• YOUR OBJECTIVE:
Output only the lines below that start at the line containing "record_all-Holds n slots h'" and end at the line containing "subst (Holds n slots h'')", with both ends kept.

• INPUT DATA:
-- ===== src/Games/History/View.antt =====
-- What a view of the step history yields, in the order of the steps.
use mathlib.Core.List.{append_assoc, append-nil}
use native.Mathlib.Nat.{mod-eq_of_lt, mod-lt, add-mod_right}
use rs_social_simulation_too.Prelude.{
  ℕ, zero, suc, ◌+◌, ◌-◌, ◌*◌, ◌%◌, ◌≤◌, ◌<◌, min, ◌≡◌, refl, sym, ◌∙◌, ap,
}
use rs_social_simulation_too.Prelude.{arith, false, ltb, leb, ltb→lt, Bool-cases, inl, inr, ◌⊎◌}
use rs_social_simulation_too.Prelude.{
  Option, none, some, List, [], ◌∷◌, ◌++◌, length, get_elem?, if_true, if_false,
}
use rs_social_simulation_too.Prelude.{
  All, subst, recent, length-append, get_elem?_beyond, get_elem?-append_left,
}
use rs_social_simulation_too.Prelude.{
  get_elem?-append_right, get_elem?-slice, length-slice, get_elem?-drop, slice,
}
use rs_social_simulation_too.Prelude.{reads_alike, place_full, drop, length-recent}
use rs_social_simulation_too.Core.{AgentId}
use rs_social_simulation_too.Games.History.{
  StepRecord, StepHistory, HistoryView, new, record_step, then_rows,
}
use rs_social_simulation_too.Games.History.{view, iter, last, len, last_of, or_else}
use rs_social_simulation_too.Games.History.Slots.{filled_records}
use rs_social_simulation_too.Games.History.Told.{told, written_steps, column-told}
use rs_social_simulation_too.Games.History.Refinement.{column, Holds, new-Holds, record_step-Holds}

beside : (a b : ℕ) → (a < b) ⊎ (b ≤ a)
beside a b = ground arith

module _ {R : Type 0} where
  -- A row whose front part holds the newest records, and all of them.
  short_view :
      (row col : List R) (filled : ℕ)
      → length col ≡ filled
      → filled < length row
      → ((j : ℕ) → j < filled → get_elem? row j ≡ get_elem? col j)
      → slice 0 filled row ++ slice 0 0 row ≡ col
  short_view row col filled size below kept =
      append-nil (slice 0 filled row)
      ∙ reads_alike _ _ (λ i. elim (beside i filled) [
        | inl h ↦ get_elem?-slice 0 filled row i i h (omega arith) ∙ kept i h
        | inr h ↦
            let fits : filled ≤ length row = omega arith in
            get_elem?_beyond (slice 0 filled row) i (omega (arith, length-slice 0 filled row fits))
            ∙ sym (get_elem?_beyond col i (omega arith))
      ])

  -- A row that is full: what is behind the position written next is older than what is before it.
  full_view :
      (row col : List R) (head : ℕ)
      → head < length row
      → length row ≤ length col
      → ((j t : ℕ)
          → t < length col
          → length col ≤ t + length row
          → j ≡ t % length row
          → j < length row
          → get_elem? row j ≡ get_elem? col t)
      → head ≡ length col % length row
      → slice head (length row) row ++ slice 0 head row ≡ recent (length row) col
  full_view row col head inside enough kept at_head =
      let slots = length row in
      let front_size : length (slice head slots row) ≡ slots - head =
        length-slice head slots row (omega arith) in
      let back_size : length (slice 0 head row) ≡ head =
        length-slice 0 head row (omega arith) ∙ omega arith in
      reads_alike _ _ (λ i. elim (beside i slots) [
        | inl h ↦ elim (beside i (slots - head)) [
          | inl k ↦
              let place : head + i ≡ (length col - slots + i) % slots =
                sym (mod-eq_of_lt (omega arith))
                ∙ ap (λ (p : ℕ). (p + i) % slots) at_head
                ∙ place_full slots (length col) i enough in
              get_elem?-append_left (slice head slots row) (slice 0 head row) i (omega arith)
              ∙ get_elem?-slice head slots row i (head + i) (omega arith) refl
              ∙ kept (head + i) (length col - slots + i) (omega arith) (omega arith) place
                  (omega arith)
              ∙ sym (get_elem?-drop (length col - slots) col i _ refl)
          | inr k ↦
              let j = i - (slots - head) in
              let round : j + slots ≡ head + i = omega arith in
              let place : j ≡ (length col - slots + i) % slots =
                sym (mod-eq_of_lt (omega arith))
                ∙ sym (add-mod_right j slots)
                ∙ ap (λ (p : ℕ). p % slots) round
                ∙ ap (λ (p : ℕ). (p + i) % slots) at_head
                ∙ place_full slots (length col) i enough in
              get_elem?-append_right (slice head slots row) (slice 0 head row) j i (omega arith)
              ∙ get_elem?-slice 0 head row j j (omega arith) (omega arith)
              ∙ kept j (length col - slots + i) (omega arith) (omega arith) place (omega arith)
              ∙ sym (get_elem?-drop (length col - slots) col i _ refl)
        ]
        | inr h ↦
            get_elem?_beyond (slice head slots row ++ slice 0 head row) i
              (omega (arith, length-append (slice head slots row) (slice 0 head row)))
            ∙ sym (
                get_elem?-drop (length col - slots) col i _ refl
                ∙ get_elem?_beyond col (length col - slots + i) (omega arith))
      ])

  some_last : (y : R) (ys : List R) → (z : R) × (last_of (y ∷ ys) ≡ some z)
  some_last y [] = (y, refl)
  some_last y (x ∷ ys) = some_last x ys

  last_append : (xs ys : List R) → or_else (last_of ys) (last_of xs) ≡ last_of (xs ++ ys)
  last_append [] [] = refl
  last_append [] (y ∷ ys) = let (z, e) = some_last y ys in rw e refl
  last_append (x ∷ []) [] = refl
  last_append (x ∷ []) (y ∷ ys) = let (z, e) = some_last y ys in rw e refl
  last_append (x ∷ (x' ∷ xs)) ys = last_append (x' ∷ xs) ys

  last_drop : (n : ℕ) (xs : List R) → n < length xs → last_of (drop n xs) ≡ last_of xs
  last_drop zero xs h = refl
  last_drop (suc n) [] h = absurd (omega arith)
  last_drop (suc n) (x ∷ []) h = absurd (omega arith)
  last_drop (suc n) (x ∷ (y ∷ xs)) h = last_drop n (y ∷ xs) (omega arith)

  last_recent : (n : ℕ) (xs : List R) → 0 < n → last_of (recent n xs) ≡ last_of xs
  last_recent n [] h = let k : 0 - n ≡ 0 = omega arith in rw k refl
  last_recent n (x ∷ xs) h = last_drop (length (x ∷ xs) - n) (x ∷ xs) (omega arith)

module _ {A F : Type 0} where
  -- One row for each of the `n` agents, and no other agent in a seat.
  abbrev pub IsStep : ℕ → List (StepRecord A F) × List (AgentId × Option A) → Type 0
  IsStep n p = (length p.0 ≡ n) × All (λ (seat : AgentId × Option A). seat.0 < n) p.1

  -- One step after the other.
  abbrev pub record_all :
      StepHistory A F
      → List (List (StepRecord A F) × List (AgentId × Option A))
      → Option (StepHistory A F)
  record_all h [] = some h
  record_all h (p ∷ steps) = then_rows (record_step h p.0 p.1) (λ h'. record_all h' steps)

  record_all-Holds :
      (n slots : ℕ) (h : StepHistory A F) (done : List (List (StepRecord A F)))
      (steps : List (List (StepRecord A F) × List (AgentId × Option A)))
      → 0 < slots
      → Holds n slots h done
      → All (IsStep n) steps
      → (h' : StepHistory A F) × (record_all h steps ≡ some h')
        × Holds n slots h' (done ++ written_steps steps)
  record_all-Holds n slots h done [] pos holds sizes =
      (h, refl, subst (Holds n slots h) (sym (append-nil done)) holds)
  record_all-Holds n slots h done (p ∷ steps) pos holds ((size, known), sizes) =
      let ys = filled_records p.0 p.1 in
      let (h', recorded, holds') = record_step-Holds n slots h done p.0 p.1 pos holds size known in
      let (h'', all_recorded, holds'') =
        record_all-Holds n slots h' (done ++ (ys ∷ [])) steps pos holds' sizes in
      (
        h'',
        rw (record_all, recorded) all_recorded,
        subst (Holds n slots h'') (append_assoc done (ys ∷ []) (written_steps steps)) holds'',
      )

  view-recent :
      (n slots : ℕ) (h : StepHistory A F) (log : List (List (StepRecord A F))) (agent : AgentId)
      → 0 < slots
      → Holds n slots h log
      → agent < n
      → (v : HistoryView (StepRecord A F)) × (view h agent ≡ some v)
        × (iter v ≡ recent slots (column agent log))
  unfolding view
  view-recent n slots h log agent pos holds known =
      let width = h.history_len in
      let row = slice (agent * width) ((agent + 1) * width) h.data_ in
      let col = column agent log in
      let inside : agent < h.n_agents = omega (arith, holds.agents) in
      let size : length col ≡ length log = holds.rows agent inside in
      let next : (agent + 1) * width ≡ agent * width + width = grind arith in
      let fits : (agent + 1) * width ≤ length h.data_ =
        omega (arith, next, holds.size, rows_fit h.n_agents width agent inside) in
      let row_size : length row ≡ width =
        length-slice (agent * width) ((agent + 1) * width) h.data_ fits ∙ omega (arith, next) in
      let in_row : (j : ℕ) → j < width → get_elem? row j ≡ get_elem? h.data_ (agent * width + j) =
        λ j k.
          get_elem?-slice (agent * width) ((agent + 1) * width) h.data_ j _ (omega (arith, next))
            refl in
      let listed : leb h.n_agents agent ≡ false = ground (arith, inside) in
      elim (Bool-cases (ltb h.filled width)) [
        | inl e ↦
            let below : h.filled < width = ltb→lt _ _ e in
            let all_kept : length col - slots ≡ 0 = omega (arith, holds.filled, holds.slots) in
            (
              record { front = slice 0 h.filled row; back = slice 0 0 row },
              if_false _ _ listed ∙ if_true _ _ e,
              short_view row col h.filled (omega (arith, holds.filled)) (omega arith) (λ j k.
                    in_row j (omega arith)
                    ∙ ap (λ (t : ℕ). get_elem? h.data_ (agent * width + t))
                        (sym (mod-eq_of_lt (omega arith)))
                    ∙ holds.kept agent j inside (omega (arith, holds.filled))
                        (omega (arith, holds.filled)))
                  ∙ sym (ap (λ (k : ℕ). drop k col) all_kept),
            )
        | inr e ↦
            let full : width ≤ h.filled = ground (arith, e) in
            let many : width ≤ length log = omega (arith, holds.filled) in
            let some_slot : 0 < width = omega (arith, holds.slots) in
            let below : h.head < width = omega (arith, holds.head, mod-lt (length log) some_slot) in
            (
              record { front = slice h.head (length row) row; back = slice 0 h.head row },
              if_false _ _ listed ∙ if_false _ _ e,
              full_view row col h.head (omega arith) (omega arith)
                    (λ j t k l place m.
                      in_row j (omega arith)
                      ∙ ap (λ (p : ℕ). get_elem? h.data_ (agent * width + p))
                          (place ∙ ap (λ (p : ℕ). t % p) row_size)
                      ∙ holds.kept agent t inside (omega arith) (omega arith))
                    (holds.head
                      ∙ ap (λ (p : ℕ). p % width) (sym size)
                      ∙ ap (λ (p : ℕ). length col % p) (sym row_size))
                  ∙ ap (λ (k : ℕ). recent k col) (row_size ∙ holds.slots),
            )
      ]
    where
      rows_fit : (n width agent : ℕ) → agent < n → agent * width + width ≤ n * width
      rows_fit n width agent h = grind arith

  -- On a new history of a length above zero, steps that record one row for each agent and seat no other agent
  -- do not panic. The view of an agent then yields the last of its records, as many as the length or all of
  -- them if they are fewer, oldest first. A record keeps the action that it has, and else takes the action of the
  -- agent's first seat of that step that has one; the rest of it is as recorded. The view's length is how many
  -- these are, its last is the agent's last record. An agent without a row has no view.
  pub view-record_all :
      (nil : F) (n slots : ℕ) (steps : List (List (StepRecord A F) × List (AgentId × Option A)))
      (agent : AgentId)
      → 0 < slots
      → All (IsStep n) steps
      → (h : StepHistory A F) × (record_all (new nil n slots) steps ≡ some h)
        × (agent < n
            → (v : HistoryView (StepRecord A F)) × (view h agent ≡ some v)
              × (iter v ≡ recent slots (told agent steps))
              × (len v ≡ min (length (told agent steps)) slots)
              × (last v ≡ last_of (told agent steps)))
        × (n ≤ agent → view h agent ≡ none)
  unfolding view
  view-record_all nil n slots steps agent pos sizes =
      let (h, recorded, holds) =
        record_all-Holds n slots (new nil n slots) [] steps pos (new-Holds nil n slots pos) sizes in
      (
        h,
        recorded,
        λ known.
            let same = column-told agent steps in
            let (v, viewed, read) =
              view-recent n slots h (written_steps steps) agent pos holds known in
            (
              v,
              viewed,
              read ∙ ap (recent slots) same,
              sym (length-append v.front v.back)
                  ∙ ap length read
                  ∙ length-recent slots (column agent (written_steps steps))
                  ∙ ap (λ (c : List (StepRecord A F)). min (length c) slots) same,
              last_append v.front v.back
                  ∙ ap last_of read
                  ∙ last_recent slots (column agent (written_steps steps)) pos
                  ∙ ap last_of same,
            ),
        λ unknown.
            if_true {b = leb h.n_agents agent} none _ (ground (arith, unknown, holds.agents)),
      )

• EXERCISE RESULT:
        record_all-Holds n slots h' (done ++ (ys ∷ [])) steps pos holds' sizes in
      (
        h'',
        rw (record_all, recorded) all_recorded,
        subst (Holds n slots h'') (append_assoc done (ys ∷ []) (written_steps steps)) holds'',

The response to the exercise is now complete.